Basquiat took several sabbaticals, traveling worldwide to clear his mind; he attempted sobriety several times. However, despite his efforts, Basquiat died at the age of 27 of a heroin overdose at his home on Great Jones Street in Manhattan on August 12, 1988. He was found unresponsive in his bedroom by his girlfriend, Kelle Inman, and was taken to Cabrini Medical Center, where he was pronounced dead on arrival.

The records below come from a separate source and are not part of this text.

-- ===== src/Examples/Uuencode.antt =====
-- The encoders and decoders of src/uuencode.c on small inputs.
use gst_playd.Base.{◌*◌, ◌≤◌, ◌≡◌, refl, arith, some, none, [], ◌∷◌, ◌++◌, codes, Bytes}
use gst_playd.Base.{replicate, length, c_string, AreBytes}
use gst_playd.Uuencode.{uuenc_tbl_base64, uuenc_tbl_std}
use gst_playd.Uuencode.Encode.{uuencode, encode_group, put_char, next_bytes, pad_loop}
use gst_playd.Uuencode.Encode.Spec.{encoding}
use gst_playd.Uuencode.Encode.Write.{uuencode-encoding}
use gst_playd.Uuencode.Decode.{decode_base64, fetch, strchr, join_sextets, undecoded}
use gst_playd.Uuencode.Decode.Bounds.{decode_base64-room}
use gst_playd.Uuencode.Decode.Reference.{table_values, decoded, unfinished, decode_base64-decoded}
use gst_playd.Uuencode.Decode.RoundTrip.{decode_base64-uuencode}

abbrev light : Bytes
light = codes "light"

encode_light :
    uuencode (replicate 10 7) light 5 uuenc_tbl_base64 ≡ some (codes "bGlnaHQ=" ++ 0 ∷ 7 ∷ [])
unfolding uuencode encode_group put_char next_bytes pad_loop
encode_light = refl

encode_light_std :
    uuencode (replicate 9 0) light 5 uuenc_tbl_std ≡ some (codes ";&EG:'0`" ++ 0 ∷ [])
unfolding uuencode encode_group put_char next_bytes pad_loop
encode_light_std = refl

-- One byte short of the terminating NUL.
encode_overrun : uuencode (replicate 8 0) light 5 uuenc_tbl_base64 ≡ none
unfolding uuencode encode_group put_char next_bytes pad_loop
encode_overrun = refl

decode_one : decode_base64 (codes "eQ==") ≡ some (codes "y", [])
unfolding decode_base64 fetch strchr join_sextets undecoded
decode_one = refl

decode_partial : decode_base64 (codes "QU JDQ?") ≡ some (codes "ABC", codes "Q?")
unfolding decode_base64 fetch strchr join_sextets undecoded
decode_partial = refl

light-bytes : AreBytes light
light-bytes = omega arith

uuencode-encoding_example :
    uuencode (replicate 10 7) light 5 uuenc_tbl_base64
    ≡ some (encoding uuenc_tbl_base64 light ++ 0 ∷ 7 ∷ [])
uuencode-encoding_example =
    uuencode-encoding uuenc_tbl_base64 light (replicate 10 7) (omega arith) light-bytes
      (omega arith)

decode_base64-room_example :
    (out rest : Bytes) × (decode_base64 (codes "eQ==") ≡ some (out, rest))
    × (4 * length out ≤ 3 * length (codes "eQ=="))
    × (length rest ≤ length (codes "eQ=="))
decode_base64-room_example = decode_base64-room (codes "eQ==")

decode_base64-uuencode_example :
    (buf : Bytes) × (uuencode (replicate 10 7) light 5 uuenc_tbl_base64 ≡ some buf)
    × (decode_base64 (c_string buf) ≡ some (light, []))
decode_base64-uuencode_example =
    decode_base64-uuencode light (replicate 10 7) light-bytes (omega arith)

decode_base64-decoded_example :
    decode_base64 (codes "QU JDQ?")
    ≡ some (
      decoded [] (table_values (codes "QU JDQ?")),
      unfinished [] (codes "QU JDQ?") (codes "QU JDQ?"),
    )
decode_base64-decoded_example = decode_base64-decoded (codes "QU JDQ?") (omega arith)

In his short but prolific career, Basquiat produced around 1,500 drawings, about 600 paintings, and many sculptures and mixed-media works.
Basquiat Art.
Basquiat’s art focused on dichotomies such as wealth versus poverty, integration versus segregation, and inner versus outer experience. He appropriated poetry, drawing, painting, marring text and image, abstraction, figuration, and historical information. He used social commentary in his paintings as a tool for introspection based on his experiences as a black in society. His work attacks power structures, racism, colonialism, and support for class struggle.
Final Words.
Jean Michel Basquiat wanted to be a successful and famous artist, regardless of ethnicity. Too young to handle fame and fortune, he was not conscient that with success came loneliness, isolation, and paranoia of being used. He trusted and wanted to be accepted as a great artist, the next Warhol.
The death of Andy Warhol was traumatic; he mourned him deeply. He also mourned his lost innocence. Like so many before him, quick fame and fortune destabilize talented youth when millions of dollars are in question. After his death, a legend was born of rumors, gossip, and pure inventions. Today, his work is sold to private collectors for hundreds of millions.